■ TASK DESCRIPTION ■
Your answer must hold only the lines below from the line containing "remember h (asks u t) v = h v" through the line containing "module _ (window : ℕ) where", each reproduced exactly.

■ DATA SECTION ■
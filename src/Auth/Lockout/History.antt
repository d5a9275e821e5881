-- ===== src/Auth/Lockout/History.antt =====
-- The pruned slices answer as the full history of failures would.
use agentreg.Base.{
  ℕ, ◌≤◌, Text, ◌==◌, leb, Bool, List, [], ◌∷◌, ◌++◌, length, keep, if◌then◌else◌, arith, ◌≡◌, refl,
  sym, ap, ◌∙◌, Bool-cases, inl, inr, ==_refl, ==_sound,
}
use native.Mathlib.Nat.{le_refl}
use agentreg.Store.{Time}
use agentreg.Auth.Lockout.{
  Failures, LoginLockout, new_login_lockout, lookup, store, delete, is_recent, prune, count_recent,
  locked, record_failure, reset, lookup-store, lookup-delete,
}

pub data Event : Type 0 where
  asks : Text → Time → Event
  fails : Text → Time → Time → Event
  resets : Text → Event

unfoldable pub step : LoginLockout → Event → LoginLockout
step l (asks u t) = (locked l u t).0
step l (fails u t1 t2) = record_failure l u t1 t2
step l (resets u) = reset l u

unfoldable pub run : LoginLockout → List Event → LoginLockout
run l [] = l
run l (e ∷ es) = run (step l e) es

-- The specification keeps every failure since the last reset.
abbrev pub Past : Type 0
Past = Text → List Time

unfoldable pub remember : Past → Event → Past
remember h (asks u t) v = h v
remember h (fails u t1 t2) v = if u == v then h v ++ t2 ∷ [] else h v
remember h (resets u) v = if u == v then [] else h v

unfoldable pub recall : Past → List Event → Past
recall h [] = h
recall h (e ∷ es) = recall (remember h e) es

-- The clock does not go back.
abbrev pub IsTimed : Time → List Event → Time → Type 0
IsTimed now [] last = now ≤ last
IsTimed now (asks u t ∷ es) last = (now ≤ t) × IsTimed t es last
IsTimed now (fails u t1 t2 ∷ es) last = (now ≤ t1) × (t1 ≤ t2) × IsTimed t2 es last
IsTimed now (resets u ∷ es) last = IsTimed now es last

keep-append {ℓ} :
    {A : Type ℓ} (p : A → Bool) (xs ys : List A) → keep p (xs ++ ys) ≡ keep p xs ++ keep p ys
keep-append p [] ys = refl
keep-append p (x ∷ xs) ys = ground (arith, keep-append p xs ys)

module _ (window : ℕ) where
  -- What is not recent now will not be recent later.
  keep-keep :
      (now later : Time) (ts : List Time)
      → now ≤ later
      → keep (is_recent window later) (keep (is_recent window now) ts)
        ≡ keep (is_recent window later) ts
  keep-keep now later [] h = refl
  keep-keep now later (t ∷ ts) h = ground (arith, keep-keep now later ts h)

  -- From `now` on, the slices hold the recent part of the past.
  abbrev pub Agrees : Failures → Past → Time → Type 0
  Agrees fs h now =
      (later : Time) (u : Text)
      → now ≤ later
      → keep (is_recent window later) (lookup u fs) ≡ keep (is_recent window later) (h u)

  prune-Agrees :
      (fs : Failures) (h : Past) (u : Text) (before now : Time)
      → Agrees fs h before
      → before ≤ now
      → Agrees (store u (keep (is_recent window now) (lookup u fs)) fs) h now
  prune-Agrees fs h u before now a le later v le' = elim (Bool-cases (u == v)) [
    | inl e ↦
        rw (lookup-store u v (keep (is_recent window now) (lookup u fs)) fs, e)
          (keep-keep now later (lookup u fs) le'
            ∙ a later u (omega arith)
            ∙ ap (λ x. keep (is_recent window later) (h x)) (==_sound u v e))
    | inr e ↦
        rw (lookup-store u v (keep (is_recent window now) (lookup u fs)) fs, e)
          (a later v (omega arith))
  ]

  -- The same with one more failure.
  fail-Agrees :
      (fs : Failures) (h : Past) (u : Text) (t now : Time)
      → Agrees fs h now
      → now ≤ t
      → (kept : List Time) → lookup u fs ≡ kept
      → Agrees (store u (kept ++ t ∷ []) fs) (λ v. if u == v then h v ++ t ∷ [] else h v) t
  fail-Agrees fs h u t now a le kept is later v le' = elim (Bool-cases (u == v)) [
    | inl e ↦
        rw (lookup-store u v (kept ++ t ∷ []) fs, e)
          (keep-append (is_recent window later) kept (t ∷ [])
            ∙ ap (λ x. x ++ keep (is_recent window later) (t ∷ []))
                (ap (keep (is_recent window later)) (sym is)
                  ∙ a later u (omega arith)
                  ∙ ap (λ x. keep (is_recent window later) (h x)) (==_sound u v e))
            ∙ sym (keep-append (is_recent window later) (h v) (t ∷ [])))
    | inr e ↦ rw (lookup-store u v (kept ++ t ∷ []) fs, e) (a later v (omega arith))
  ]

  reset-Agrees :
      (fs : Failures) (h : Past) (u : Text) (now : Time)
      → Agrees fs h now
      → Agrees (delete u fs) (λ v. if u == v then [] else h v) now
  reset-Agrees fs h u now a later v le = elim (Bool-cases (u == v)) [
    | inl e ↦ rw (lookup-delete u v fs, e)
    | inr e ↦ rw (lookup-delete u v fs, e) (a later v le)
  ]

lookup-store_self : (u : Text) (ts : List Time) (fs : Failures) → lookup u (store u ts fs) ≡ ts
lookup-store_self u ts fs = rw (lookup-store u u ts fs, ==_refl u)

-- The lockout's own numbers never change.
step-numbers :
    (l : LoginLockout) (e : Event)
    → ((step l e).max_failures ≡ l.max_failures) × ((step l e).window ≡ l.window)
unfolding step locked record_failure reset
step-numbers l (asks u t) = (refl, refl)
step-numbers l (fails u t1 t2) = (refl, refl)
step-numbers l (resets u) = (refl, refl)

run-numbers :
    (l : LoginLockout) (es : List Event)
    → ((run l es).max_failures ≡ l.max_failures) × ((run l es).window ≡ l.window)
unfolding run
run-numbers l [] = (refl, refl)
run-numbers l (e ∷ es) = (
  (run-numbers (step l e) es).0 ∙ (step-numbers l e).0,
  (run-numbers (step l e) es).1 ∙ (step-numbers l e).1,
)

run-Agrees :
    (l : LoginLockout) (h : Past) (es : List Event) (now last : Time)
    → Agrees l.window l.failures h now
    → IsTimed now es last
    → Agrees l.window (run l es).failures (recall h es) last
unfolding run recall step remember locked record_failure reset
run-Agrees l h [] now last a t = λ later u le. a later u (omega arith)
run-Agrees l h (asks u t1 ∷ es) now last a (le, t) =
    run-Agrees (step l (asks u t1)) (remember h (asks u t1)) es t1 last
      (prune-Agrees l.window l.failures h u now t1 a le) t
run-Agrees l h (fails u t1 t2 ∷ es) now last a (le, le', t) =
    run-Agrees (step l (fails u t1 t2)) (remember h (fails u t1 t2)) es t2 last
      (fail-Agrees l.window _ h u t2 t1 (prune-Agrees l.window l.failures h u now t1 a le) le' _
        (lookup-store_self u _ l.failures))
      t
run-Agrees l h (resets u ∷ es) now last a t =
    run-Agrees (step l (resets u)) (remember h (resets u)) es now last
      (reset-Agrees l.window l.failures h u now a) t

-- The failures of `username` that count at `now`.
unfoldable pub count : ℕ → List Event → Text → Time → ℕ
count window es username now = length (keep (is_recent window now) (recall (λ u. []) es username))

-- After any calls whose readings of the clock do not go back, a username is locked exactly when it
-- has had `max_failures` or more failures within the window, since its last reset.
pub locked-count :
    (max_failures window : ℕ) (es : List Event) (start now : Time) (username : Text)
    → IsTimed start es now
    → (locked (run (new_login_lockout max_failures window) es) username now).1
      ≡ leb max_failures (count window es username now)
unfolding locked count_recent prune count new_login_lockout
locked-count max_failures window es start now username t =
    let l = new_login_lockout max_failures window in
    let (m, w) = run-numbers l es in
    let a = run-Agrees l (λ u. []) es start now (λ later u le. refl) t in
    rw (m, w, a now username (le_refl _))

■ ANSWER SPACE ■
remember h (asks u t) v = h v
remember h (fails u t1 t2) v = if u == v then h v ++ t2 ∷ [] else h v
remember h (resets u) v = if u == v then [] else h v

unfoldable pub recall : Past → List Event → Past
recall h [] = h
recall h (e ∷ es) = recall (remember h e) es

-- The clock does not go back.
abbrev pub IsTimed : Time → List Event → Time → Type 0
IsTimed now [] last = now ≤ last
IsTimed now (asks u t ∷ es) last = (now ≤ t) × IsTimed t es last
IsTimed now (fails u t1 t2 ∷ es) last = (now ≤ t1) × (t1 ≤ t2) × IsTimed t2 es last
IsTimed now (resets u ∷ es) last = IsTimed now es last

keep-append {ℓ} :
    {A : Type ℓ} (p : A → Bool) (xs ys : List A) → keep p (xs ++ ys) ≡ keep p xs ++ keep p ys
keep-append p [] ys = refl
keep-append p (x ∷ xs) ys = ground (arith, keep-append p xs ys)

module _ (window : ℕ) where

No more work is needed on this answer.